‘Border war’ talk downplayed at LCDC meeting
Leavenworth County Development Corporation executive director Steve Jack last week downplayed talk of a business “border war” in the Kansas City area between Kansas and Missouri.
Kansas City, Mo., mayor Mark Funkhouser used the “border war” phrase last month during a press conference, when he accused Kansas of using business incentives to poach jobs from the Missouri side of the metropolitan area. But Jack said at an LCDC board meeting Thursday that competition between the two states for employers was no new development, and that Kansas had simply been on the winning side of the back-and-forth battle as of late.
“It’s hard to tell who fired the first salvo, but it may not have been Kansas,” Jack said.
Funkhouser last month criticized the Promoting Employment Across Kansas business incentive program created in 2009, saying it was “raiding jobs from Kansas City,” but Jack said Thursday that the Kansas Legislature created PEAK partly to compete with business-friendly incentives that already existed in Missouri. Another misconception about the Missouri-Kansas competition for jobs, Jack said, is that Kansas developers are going to Missouri to lure companies away.
The reality, he said, is closer to what happened when LCDC helped draw the Central Bag Company, formerly of Kansas City, Mo., to the city of Leavenworth earlier this year. He said the company had already decided to relocate somewhere by the time LCDC stepped in to offer incentives.
“It wasn’t Leavenworth County going across the state line, knocking on doors,” Jack said.
The LCDC board took no action Thursday’s meeting because of the lack of a quorum. Also at the meeting:
• Jack said the board would need to consider whether LCDC officials should make an annual trip to Washington, D.C., to visit congressional leaders and pursue earmarks for infrastructure projects. Jack said officials from Tonganoxie and Lansing had expressed a willingness to make the trip, despite a probable resistance to earmarks from legislators.

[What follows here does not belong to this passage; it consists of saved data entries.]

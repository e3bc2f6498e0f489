-- ===== src/Streams/Okx.antt =====
-- src/okx/ws.rs: the OKX connector's channels and its parser.
use exchange_apiws.Prelude.{
  ℕ, Bool, Option, none, some, List, [], map, ◌⊎◌, inl, inr, get_elem?, if◌then◌else◌,
}
use exchange_apiws.Prelude.Text.{Text, text, same}
use exchange_apiws.Prelude.Options.{◌>>=◌, unwrap_or, or_else, filter_map}
use exchange_apiws.Prelude.Int.{ℤ}
use exchange_apiws.Prelude.Float.{Float}
use exchange_apiws.Prelude.Json.{Json, JsonFloat, str_at, i64_at, array_at}
use exchange_apiws.Error.{ExchangeError, json}
use exchange_apiws.Book.{OrderBookData, Level}
use exchange_apiws.Actors.{DataMessage, trade, ticker, order_book}
use exchange_apiws.Streams.{str_f64, str_i64, str_or_empty, side_at, to_u64, add_one_i64}
use mathlib.Core.Option

abbrev pub exchange_name : Text
exchange_name = text "okx"

pub record OkxChannel : Type 0 where
  pub channel : Text
  pub inst_id : Text

-- `OkxChannel::trades`, `tickers` and `books`.
abbrev pub trades : Text → OkxChannel
trades inst_id = record { channel = text "trades"; inst_id = inst_id }

abbrev pub tickers : Text → OkxChannel
tickers inst_id = record { channel = text "tickers"; inst_id = inst_id }

abbrev pub books : Text → OkxChannel
books inst_id = record { channel = text "books"; inst_id = inst_id }

module _ {V F : Type 0} ⦃j : Json V⦄ ⦃jf : JsonFloat V F⦄ where
  unfoldable pub parse_level : V → Option (Level F)
  parse_level row = do
    cells ← j.as_array row
    p ← get_elem? cells 0
    ps ← j.as_str p
    px ← jf.parse_f64 ps
    q ← get_elem? cells 1
    qs ← j.as_str q
    sz ← jf.parse_f64 qs
    some (px, sz)

  unfoldable pub levels : V → Text → List (Level F)
  levels d key = unwrap_or (Option.map (filter_map parse_level) (array_at d key)) []

module _ {V : Type 0} ⦃j : Json V⦄ where
  -- `seqId`, and one more than `prevSeqId`.
  unfoldable pub last_id : V → Option ℕ
  last_id d = i64_at d (text "seqId") >>= to_u64

  unfoldable pub first_id : V → Option ℕ
  unfolding last_id
  first_id d = or_else (i64_at d (text "prevSeqId") >>= λ p. to_u64 (add_one_i64 p)) (last_id d)

module _ {V F : Type 0} ⦃j : Json V⦄ ⦃jf : JsonFloat V F⦄ ⦃fl : Float F⦄ (now : ℤ) where
  unfoldable pub parse_trade : V → Option (DataMessage F)
  parse_trade t = do
    symbol ← str_at t (text "instId")
    some (
        trade record {
          symbol = symbol;
          exchange = exchange_name;
          side = side_at t (text "side");
          price = str_f64 t (text "px");
          amount = str_f64 t (text "sz");
          exchange_ts = str_i64 t (text "ts");
          receipt_ts = now;
          trade_id = str_or_empty t (text "tradeId");
        })

  unfoldable pub parse_ticker : V → Option (DataMessage F)
  parse_ticker t = do
    symbol ← str_at t (text "instId")
    some (
        ticker record {
          symbol = symbol;
          exchange = exchange_name;
          price = str_f64 t (text "last");
          best_bid = str_f64 t (text "bidPx");
          best_ask = str_f64 t (text "askPx");
          exchange_ts = str_i64 t (text "ts");
          receipt_ts = now;
        })

  unfoldable pub parse_book : Bool → V → OrderBookData F
  parse_book is_snapshot d = record {
    symbol = str_or_empty d (text "instId");
    exchange = exchange_name;
    asks = levels d (text "asks");
    bids = levels d (text "bids");
    exchange_ts = str_i64 d (text "ts");
    receipt_ts = now;
    is_snapshot = is_snapshot;
    first_update_id = first_id d;
    last_update_id = last_id d;
  }

  -- The messages of the rows of a channel's frame.
  unfoldable pub parse_rows : Text → Bool → List V → List (DataMessage F)
  parse_rows channel is_snapshot rows =
      if same channel (text "trades")
      then filter_map parse_trade rows
      else if same channel (text "tickers")
      then filter_map parse_ticker rows
      else if same channel (text "books")
      then map (λ d. order_book (parse_book is_snapshot d)) rows
      else []

  -- `decode` is serde_json's `from_str`, with the text of its error.
  unfoldable pub parse_message : (Text → Text ⊎ V) → Text → ExchangeError ⊎ List (DataMessage F)
  unfolding parse_rows
  parse_message decode raw = if same raw (text "pong") then inr [] else elim (decode raw) [
    | inl e ↦ inl (json e)
    | inr v ↦ elim (j.get v (text "event")) [
      | some event ↦ inr []
      | none ↦ elim (array_at v (text "data")) [
        | none ↦ inr []
        | some rows ↦ inr (
            parse_rows (unwrap_or (j.get v (text "arg") >>= λ a. str_at a (text "channel")) [])
              (same (unwrap_or (str_at v (text "action")) (text "snapshot")) (text "snapshot"))
              rows)
      ]
    ]
  ]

J. Scott Miller, Leavenworth city manager, said Leavenworth officials already make an annual trip in March to meet with the Federal Bureau of Prisons, and he said he wasn’t sure another trip in February would be worth it for the city.
“It seems pretty evident to me from what I read out of Washington that earmarks are going to be on a two-year hold,” Miller said.
He said, though, that exceptions may be made for infrastructure projects, such as those involving roads or sewers.
• The guest speaker at the LCDC’s annual meeting in January will be Gary Sherrer, Chair of the Kansas Board of Regents, Jack said. The meeting will be at 11:30 a.m. on Jan. 21, 2011, at the Riverfront Community Center, 123 S. Esplanade St. in Leavenworth.